**Task to complete**. Please return each record exactly as it stands.

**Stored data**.
-- ===== src/Runtime/BpfMaps.antt =====
-- morpheus-runtime/src/bpf_maps.rs: registration with the map of worker thread ids. The system call
-- `bpf` is a parameter; a path that is refused stands for itself in the error.
pub mod Attr
pub mod ObjGet
use Prim.Native.String.{String}
use morpheus.Prelude.{
  ℕ, ◌≡◌, ◌⊎◌, inl, inr, Option, none, some, List, ◌==◌, if◌then◌else◌, lookup, nat_eq, arith,
}
use morpheus.Runtime.Error.{Result, ok, err, ◌>>=◌, registration, bpf_map}

pub record BpfMapFds : Type 0 where
  pub tid_map_fd : ℕ
  pub scb_map_fd : ℕ

-- `obj_get` is BPF_OBJ_GET: the descriptor of a pinned map, or `none`.
unfoldable pub open_map : (obj_get : String → Option ℕ) → String → Result ℕ
open_map obj_get path = elim (obj_get path) [ none ↦ err (bpf_map path) | some fd ↦ ok fd ]

unfoldable pub from_pinned_paths :
    (obj_get : String → Option ℕ) → (tid_map_path scb_map_path : String) → Result BpfMapFds
unfolding open_map
from_pinned_paths obj_get tid_map_path scb_map_path = do
  tid_map_fd ← open_map obj_get tid_map_path
  scb_map_fd ← open_map obj_get scb_map_path
  ok (record { tid_map_fd = tid_map_fd; scb_map_fd = scb_map_fd })

-- The map of the kernel from thread ids to worker ids.
abbrev pub TidMap : Type 0
TidMap = List (ℕ × ℕ)

abbrev pub enoent : ℕ
enoent = 2

-- What BPF_MAP_UPDATE_ELEM and BPF_MAP_DELETE_ELEM answer on a hash map: an error number, or the
-- map that they leave.
pub data Answer : Type 0 where
  failed : (errno : ℕ) → Answer
  done : TidMap → Answer

pub record Bpf : Type 0 where
  pub update_elem : (tid worker_id : ℕ) → TidMap → Answer
  pub delete_elem : (tid : ℕ) → TidMap → Answer
  pub update_done :
      (tid worker_id : ℕ) (m : TidMap) {m' : TidMap}
      → update_elem tid worker_id m ≡ done m'
      → (j : ℕ) → lookup j m' ≡ (if tid == j then some worker_id else lookup j m)
  pub delete_done :
      (tid : ℕ) (m : TidMap) {m' : TidMap}
      → delete_elem tid m ≡ done m'
      → (j : ℕ) → lookup j m' ≡ (if tid == j then none else lookup j m)
  -- ENOENT says that there was no entry.
  pub delete_missing :
      (tid : ℕ) (m : TidMap) → delete_elem tid m ≡ failed enoent → lookup tid m ≡ none

unfoldable pub register_answer : Answer → Result TidMap
register_answer (failed errno) = err (registration "failed to register worker")
register_answer (done m') = ok m'

-- ENOENT is no error: the worker may be gone already.
unfoldable pub unregister_answer : TidMap → Answer → Result TidMap
unregister_answer m (failed errno) =
    if errno == enoent then ok m else err (registration "failed to unregister worker")
unregister_answer m (done m') = ok m'

register_answer-ok : (a : Answer) {m : TidMap} → register_answer a ≡ ok m → a ≡ done m
unfolding register_answer
register_answer-ok (failed errno) e = cc
register_answer-ok (done m') e = cc

unregister_answer-ok :
    (m : TidMap) (a : Answer) {m' : TidMap}
    → unregister_answer m a ≡ ok m'
    → (a ≡ done m') ⊎ (a ≡ failed enoent) × (m' ≡ m)
unfolding unregister_answer
unregister_answer-ok m (failed errno) e = ground arith
unregister_answer-ok m (done m') e = inl cc

module _ (bpf : Bpf) where
  unfoldable pub register_worker : (tid worker_id : ℕ) → TidMap → Result TidMap
  unfolding register_answer
  register_worker tid worker_id m = register_answer (bpf.update_elem tid worker_id m)

  unfoldable pub unregister_worker : (tid : ℕ) → TidMap → Result TidMap
  unfolding unregister_answer
  unregister_worker tid m = unregister_answer m (bpf.delete_elem tid m)

  pub register-maps :
      (tid worker_id : ℕ) (m : TidMap) {m' : TidMap} (j : ℕ)
      → register_worker tid worker_id m ≡ ok m'
      → lookup j m' ≡ (if tid == j then some worker_id else lookup j m)
  unfolding register_worker
  register-maps tid worker_id m j e =
      bpf.update_done tid worker_id m (register_answer-ok (bpf.update_elem tid worker_id m) e) j

  unregister-maps :
      (tid : ℕ) (m : TidMap) {m' : TidMap} (j : ℕ)
      → unregister_worker tid m ≡ ok m'
      → lookup j m' ≡ (if tid == j then none else lookup j m)
  unfolding unregister_worker
  unregister-maps tid m j e = elim (unregister_answer-ok m (bpf.delete_elem tid m) e) [
    | inl deleted ↦ bpf.delete_done tid m deleted j
    | inr (missing, same) ↦ rw same (ground (arith, bpf.delete_missing tid m missing))
  ]

  -- After a registration that succeeds the thread is mapped to its worker, and after an
  -- unregistration that succeeds then, also one that finds no entry, no thread is mapped otherwise
  -- than before both, but that one thread, which is not mapped at all.
  pub unregister-register :
      (tid worker_id : ℕ) (m : TidMap) {m' m'' : TidMap} (j : ℕ)
      → register_worker tid worker_id m ≡ ok m'
      → unregister_worker tid m' ≡ ok m''
      → (lookup tid m' ≡ some worker_id) × (lookup j m'' ≡ (if tid == j then none else lookup j m))
  unregister-register tid worker_id m {m'} j reg unreg = ground (
    arith,
    register-maps tid worker_id m tid reg,
    register-maps tid worker_id m j reg,
    unregister-maps tid m' j unreg,
  )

**Result of this task**.
-- ===== src/Runtime/BpfMaps.antt =====
-- morpheus-runtime/src/bpf_maps.rs: registration with the map of worker thread ids. The system call
-- `bpf` is a parameter; a path that is refused stands for itself in the error.
pub mod Attr
pub mod ObjGet
use Prim.Native.String.{String}
use morpheus.Prelude.{
  ℕ, ◌≡◌, ◌⊎◌, inl, inr, Option, none, some, List, ◌==◌, if◌then◌else◌, lookup, nat_eq, arith,
}
use morpheus.Runtime.Error.{Result, ok, err, ◌>>=◌, registration, bpf_map}

pub record BpfMapFds : Type 0 where
  pub tid_map_fd : ℕ
  pub scb_map_fd : ℕ

-- `obj_get` is BPF_OBJ_GET: the descriptor of a pinned map, or `none`.
unfoldable pub open_map : (obj_get : String → Option ℕ) → String → Result ℕ
open_map obj_get path = elim (obj_get path) [ none ↦ err (bpf_map path) | some fd ↦ ok fd ]

unfoldable pub from_pinned_paths :
    (obj_get : String → Option ℕ) → (tid_map_path scb_map_path : String) → Result BpfMapFds
unfolding open_map
from_pinned_paths obj_get tid_map_path scb_map_path = do
  tid_map_fd ← open_map obj_get tid_map_path
  scb_map_fd ← open_map obj_get scb_map_path
  ok (record { tid_map_fd = tid_map_fd; scb_map_fd = scb_map_fd })

-- The map of the kernel from thread ids to worker ids.
abbrev pub TidMap : Type 0
TidMap = List (ℕ × ℕ)

abbrev pub enoent : ℕ
enoent = 2

-- What BPF_MAP_UPDATE_ELEM and BPF_MAP_DELETE_ELEM answer on a hash map: an error number, or the
-- map that they leave.
pub data Answer : Type 0 where
  failed : (errno : ℕ) → Answer
  done : TidMap → Answer

pub record Bpf : Type 0 where
  pub update_elem : (tid worker_id : ℕ) → TidMap → Answer
  pub delete_elem : (tid : ℕ) → TidMap → Answer
  pub update_done :
      (tid worker_id : ℕ) (m : TidMap) {m' : TidMap}
      → update_elem tid worker_id m ≡ done m'
      → (j : ℕ) → lookup j m' ≡ (if tid == j then some worker_id else lookup j m)
  pub delete_done :
      (tid : ℕ) (m : TidMap) {m' : TidMap}
      → delete_elem tid m ≡ done m'
      → (j : ℕ) → lookup j m' ≡ (if tid == j then none else lookup j m)
  -- ENOENT says that there was no entry.
  pub delete_missing :
      (tid : ℕ) (m : TidMap) → delete_elem tid m ≡ failed enoent → lookup tid m ≡ none

unfoldable pub register_answer : Answer → Result TidMap
register_answer (failed errno) = err (registration "failed to register worker")
register_answer (done m') = ok m'

-- ENOENT is no error: the worker may be gone already.
unfoldable pub unregister_answer : TidMap → Answer → Result TidMap
unregister_answer m (failed errno) =
    if errno == enoent then ok m else err (registration "failed to unregister worker")
unregister_answer m (done m') = ok m'

register_answer-ok : (a : Answer) {m : TidMap} → register_answer a ≡ ok m → a ≡ done m
unfolding register_answer
register_answer-ok (failed errno) e = cc
register_answer-ok (done m') e = cc

unregister_answer-ok :
    (m : TidMap) (a : Answer) {m' : TidMap}
    → unregister_answer m a ≡ ok m'
    → (a ≡ done m') ⊎ (a ≡ failed enoent) × (m' ≡ m)
unfolding unregister_answer
unregister_answer-ok m (failed errno) e = ground arith
unregister_answer-ok m (done m') e = inl cc

module _ (bpf : Bpf) where
  unfoldable pub register_worker : (tid worker_id : ℕ) → TidMap → Result TidMap
  unfolding register_answer
  register_worker tid worker_id m = register_answer (bpf.update_elem tid worker_id m)

  unfoldable pub unregister_worker : (tid : ℕ) → TidMap → Result TidMap
  unfolding unregister_answer
  unregister_worker tid m = unregister_answer m (bpf.delete_elem tid m)

  pub register-maps :
      (tid worker_id : ℕ) (m : TidMap) {m' : TidMap} (j : ℕ)
      → register_worker tid worker_id m ≡ ok m'
      → lookup j m' ≡ (if tid == j then some worker_id else lookup j m)
  unfolding register_worker
  register-maps tid worker_id m j e =
      bpf.update_done tid worker_id m (register_answer-ok (bpf.update_elem tid worker_id m) e) j

  unregister-maps :
      (tid : ℕ) (m : TidMap) {m' : TidMap} (j : ℕ)
      → unregister_worker tid m ≡ ok m'
      → lookup j m' ≡ (if tid == j then none else lookup j m)
  unfolding unregister_worker
  unregister-maps tid m j e = elim (unregister_answer-ok m (bpf.delete_elem tid m) e) [
    | inl deleted ↦ bpf.delete_done tid m deleted j
    | inr (missing, same) ↦ rw same (ground (arith, bpf.delete_missing tid m missing))
  ]

  -- After a registration that succeeds the thread is mapped to its worker, and after an
  -- unregistration that succeeds then, also one that finds no entry, no thread is mapped otherwise
  -- than before both, but that one thread, which is not mapped at all.
  pub unregister-register :
      (tid worker_id : ℕ) (m : TidMap) {m' m'' : TidMap} (j : ℕ)
      → register_worker tid worker_id m ≡ ok m'
      → unregister_worker tid m' ≡ ok m''
      → (lookup tid m' ≡ some worker_id) × (lookup j m'' ≡ (if tid == j then none else lookup j m))
  unregister-register tid worker_id m {m'} j reg unreg = ground (
    arith,
    register-maps tid worker_id m tid reg,
    register-maps tid worker_id m j reg,
    unregister-maps tid m' j unreg,
  )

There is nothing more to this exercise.